◆第18回レパードS・G3(8月9日、新潟競馬場・ダート1800メートル)

 20歳を迎えた若武者が初タイトルへ導く。デビュー2年目の田山旺佑騎手=栗東・新谷功一厩舎=は先月20日が節目の誕生日。

レパードSでは砂の大物候補ショウナンバンライに騎乗する。2024年のセレクトセール1歳で2億円の値がついた素質馬で、ダートに矛先を向けた2走前の1勝クラスから手綱を任され2連勝。2戦ともに、好位から上がり最速の末脚で後続を5馬身突き放す横綱相撲だった。「走ることに前向きで、操縦性もいい。気持ちの強さがストロングポイントですね」と強さの源を語る。

 今年はすでにルーキーイヤーの16勝の倍以上となる34勝を挙げ、今夏の小倉リーディングで9勝をマークして2位。ステップアップの要因は、デビューから本場の阪神、京都での騎乗にこだわり、全国リーディング上位の騎手に混じって技術を磨いてきたことだ。「自分の中でいい経験になっているし、今につながってきているのかな」と成長を実感する。自分が勝利したレースを振り返ることの多かった1年目と比べ、「自分にないものを取り入れたい」と他のジョッキーから学ぶ意識も強くなった。
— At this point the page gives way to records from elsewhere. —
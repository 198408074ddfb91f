-- ===== src/Lab/Verdicts.antt =====
-- The verdicts on one request (packages/lab/src/constella_lab/auth.py).
use constella.Prelude.{
  none_not_some, ℕ, ◌≡◌, ◌≢◌, refl, ap, subst, Bool, true, false, not, ◌&&◌, Option, none, some,
  Text, text, inl, inr, Bool-cases, Option-cases,
}
use constella.Lab.Data.{
  User, Store, Error, value_error, lab_store_error, last_admin_error, binding_conflict_error,
  integrity_error, Result, ok, raised,
}
use constella.Lab.Sql.{is_active, is_admin}
use constella.Lab.Gate.{
  Claims, AccessIdentity, is_text, identity_of, verified, Scope, GateConfig, admin_only_path,
  changes_state, same_origin, Verdict, passes_open, passes, rejects, fails, admits, admits_result,
  resolved, identified,
}

-- What the tests after the user is known have found.
abbrev pub IsAdmitted : GateConfig → Scope → User → Type 0
IsAdmitted config s user =
    (is_active user.status ≡ true)
    × (admin_only_path s ≡ true → is_admin user.role ≡ true)
    × (changes_state s ≡ true → same_origin config s ≡ true)

pub rejects_not_passes : (n : ℕ) (t : Text) (u : User) (e : ℕ) → rejects n t ≢ passes u e
rejects_not_passes n t u e bad = cc

fails_not_passes : (x : Error) (u : User) (e : ℕ) → fails x ≢ passes u e
fails_not_passes x u e bad = cc

pub open_not_passes : (u : User) (e : ℕ) → passes_open ≢ passes u e
open_not_passes u e bad = cc

passes_user : (u v : User) (d e : ℕ) → passes u d ≡ passes v e → (u ≡ v) × (d ≡ e)
passes_user u v d e same = (cc, cc)

implied : (p q : Bool) → (p && not q) ≡ false → p ≡ true → q ≡ true
implied true true h on = refl
implied true false h on = cc
implied false q h on = cc

not_off : (p : Bool) → not p ≡ false → p ≡ true
not_off true h = refl
not_off false h = cc

admits-passes :
    (config : GateConfig) (s : Scope) (d : ℕ) (u v : User) (e : ℕ)
    → admits config s d u ≡ passes v e
    → (u ≡ v) × (d ≡ e) × IsAdmitted config s u
admits-passes config s d u v e h = elim (Bool-cases (not (is_active u.status))) [
  | inl off ↦ absurd (rejects_not_passes _ _ v e (simp off at h))
  | inr on ↦ elim (Bool-cases (admin_only_path s && not (is_admin u.role))) [
    | inl low ↦ absurd (rejects_not_passes _ _ v e (simp (on, low) at h))
    | inr high ↦ elim (Bool-cases (changes_state s && not (same_origin config s))) [
      | inl foreign ↦ absurd (rejects_not_passes _ _ v e (simp (on, high, foreign) at h))
      | inr own ↦
          let same = passes_user u v d e (simp (on, high, own) at h) in
          (
            same.0,
            same.1,
            (not_off _ on, implied (admin_only_path s) _ high, implied (changes_state s) _ own),
          )
    ]
  ]
]

admits_result-passes :
    (config : GateConfig) (s : Scope) (d : ℕ) (r : Result User) (v : User) (e : ℕ)
    → admits_result config s d r ≡ passes v e
    → (r ≡ ok v) × (d ≡ e) × IsAdmitted config s v
admits_result-passes config s d (ok u) v e h =
    let (same, time, admitted) = admits-passes config s d u v e h in
    (ap (λ x. ok x) same, time, subst (IsAdmitted config s) same admitted)
admits_result-passes config s d (raised value_error) v e h = absurd (rejects_not_passes _ _ v e h)
admits_result-passes config s d (raised lab_store_error) v e h = absurd (fails_not_passes _ v e h)
admits_result-passes config s d (raised last_admin_error) v e h = absurd (fails_not_passes _ v e h)
admits_result-passes config s d (raised binding_conflict_error) v e h =
    absurd (fails_not_passes _ v e h)
admits_result-passes config s d (raised integrity_error) v e h = absurd (fails_not_passes _ v e h)

-- A request came with a token of the application whose identity the store knows as this user.
abbrev pub IsIdentified :
    (Text → Option Claims) → GateConfig → Scope → Text → Text → ℕ → Store → User → ℕ → Type 0
IsIdentified decode config s request user_id now store user expires =
    (c : Claims) × (i : AccessIdentity) × (decode s.token ≡ some c)
    × (is_text c.type (text "app") ≡ true)
    × (identity_of c ≡ some i)
    × (i.expires_at ≡ expires)
    × ((resolved config i request user_id now store).0 ≡ ok user)

identity_of-app :
    (c : Claims) (i : AccessIdentity) → identity_of c ≡ some i → is_text c.type (text "app") ≡ true
unfolding identity_of
identity_of-app c i h = elim (Bool-cases (is_text c.type (text "app"))) [
  | inl app ↦ app
  | inr other ↦ absurd (none_not_some i (simp other at h))
]

pub identified-passes :
    (decode : Text → Option Claims) (config : GateConfig) (s : Scope) (request user_id : Text)
    (now : ℕ) (store : Store) (v : User) (e : ℕ)
    → (identified config s (verified (decode s.token)) request user_id now store).0 ≡ passes v e
    → IsIdentified decode config s request user_id now store v e × IsAdmitted config s v
identified-passes decode config s request user_id now store v e h =
    elim (Option-cases (decode s.token)) [
      | inl bad ↦ absurd (rejects_not_passes _ _ v e (simp bad at h))
      | inr (c, good) ↦ elim (Option-cases (identity_of c)) [
        | inl unknown ↦ absurd (rejects_not_passes _ _ v e (simp (good, unknown) at h))
        | inr (i, known) ↦
            let (result, time, admitted) =
              admits_result-passes config s i.expires_at
                (resolved config i request user_id now store).0 v e (simp (good, known) at h) in
            ((c, i, good, identity_of-app c i known, known, time, result), admitted)
      ]
    ]

abbrev pub opens : Verdict → Bool
opens passes_open = true
opens (passes u e) = false
opens (rejects n t) = false
opens (fails e) = false

opens-admits :
    (config : GateConfig) (s : Scope) (e : ℕ) (u : User) → opens (admits config s e u) ≡ false
opens-admits config s e u = elim (Bool-cases (not (is_active u.status))) [
  | inl off ↦ simp off refl
  | inr on ↦ elim (Bool-cases (admin_only_path s && not (is_admin u.role))) [
    | inl low ↦ simp (on, low) refl
    | inr high ↦ elim (Bool-cases (changes_state s && not (same_origin config s))) [
      | inl foreign ↦ simp (on, high, foreign) refl
      | inr own ↦ simp (on, high, own) refl
    ]
  ]
]

opens-admits_result :
    (config : GateConfig) (s : Scope) (e : ℕ) (r : Result User)
    → opens (admits_result config s e r) ≡ false
opens-admits_result config s e (ok u) = opens-admits config s e u
opens-admits_result config s e (raised value_error) = refl
opens-admits_result config s e (raised lab_store_error) = refl
opens-admits_result config s e (raised last_admin_error) = refl
opens-admits_result config s e (raised binding_conflict_error) = refl
opens-admits_result config s e (raised integrity_error) = refl

pub opens-identified :
    (config : GateConfig) (s : Scope) (o : Option AccessIdentity) (request user_id : Text) (now : ℕ)
    (store : Store)
    → opens (identified config s o request user_id now store).0 ≡ false
opens-identified config s none request user_id now store = refl
opens-identified config s (some i) request user_id now store =
    opens-admits_result config s i.expires_at (resolved config i request user_id now store).0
 先月5日の北九州記念では、ハンデ50キロを生かして9番人気のジェニファーを格上挑戦で首差の2着に導いた。あと一歩で勝利を逃したが「ようやく、重賞のレベルでもやりたい競馬ができた。やっぱり自信になりました」と手応えを深めた一戦だった。

 砂でまだ底を見せていないバンライは、「重賞と言わず、一緒に行けるのならG1でも行きたいと思うくらいの馬です」とほれこむ逸材。西のホープと上がり馬のコンビが、真夏の新潟を熱くする。(山本 理貴)

 ○…ダート転向後は無傷3連勝で重賞初制覇を目指すショウナンバンライ。先月29日の栗東・坂路での1週前追い切りは、活気ある動きで54秒9―13秒0をマーク。重い馬場を力強く駆け上がった。松下調教師は「2回使ってきているのでサラッと。体も戻って体調も問題ない」と納得の表情。「競馬が上手だし、いいところで流れに乗ってひと脚を使える。左回りも大丈夫だと思う」と自信をのぞかせた。

 ◆田山 旺佑(たやま・おうすけ) 2006年7月20日、兵庫県生まれ。20歳。栗東・新谷功一厩舎所属。

25年3月1日の阪神4R(スマートビビット)でデビューし、同9日の阪神1R(ツキノアカリ)で初勝利。同年は16勝で中央競馬関西放送記者クラブ賞(関西所属騎手新人賞)を受賞。JRA通算814戦50勝。162・5センチ、47・8キロ。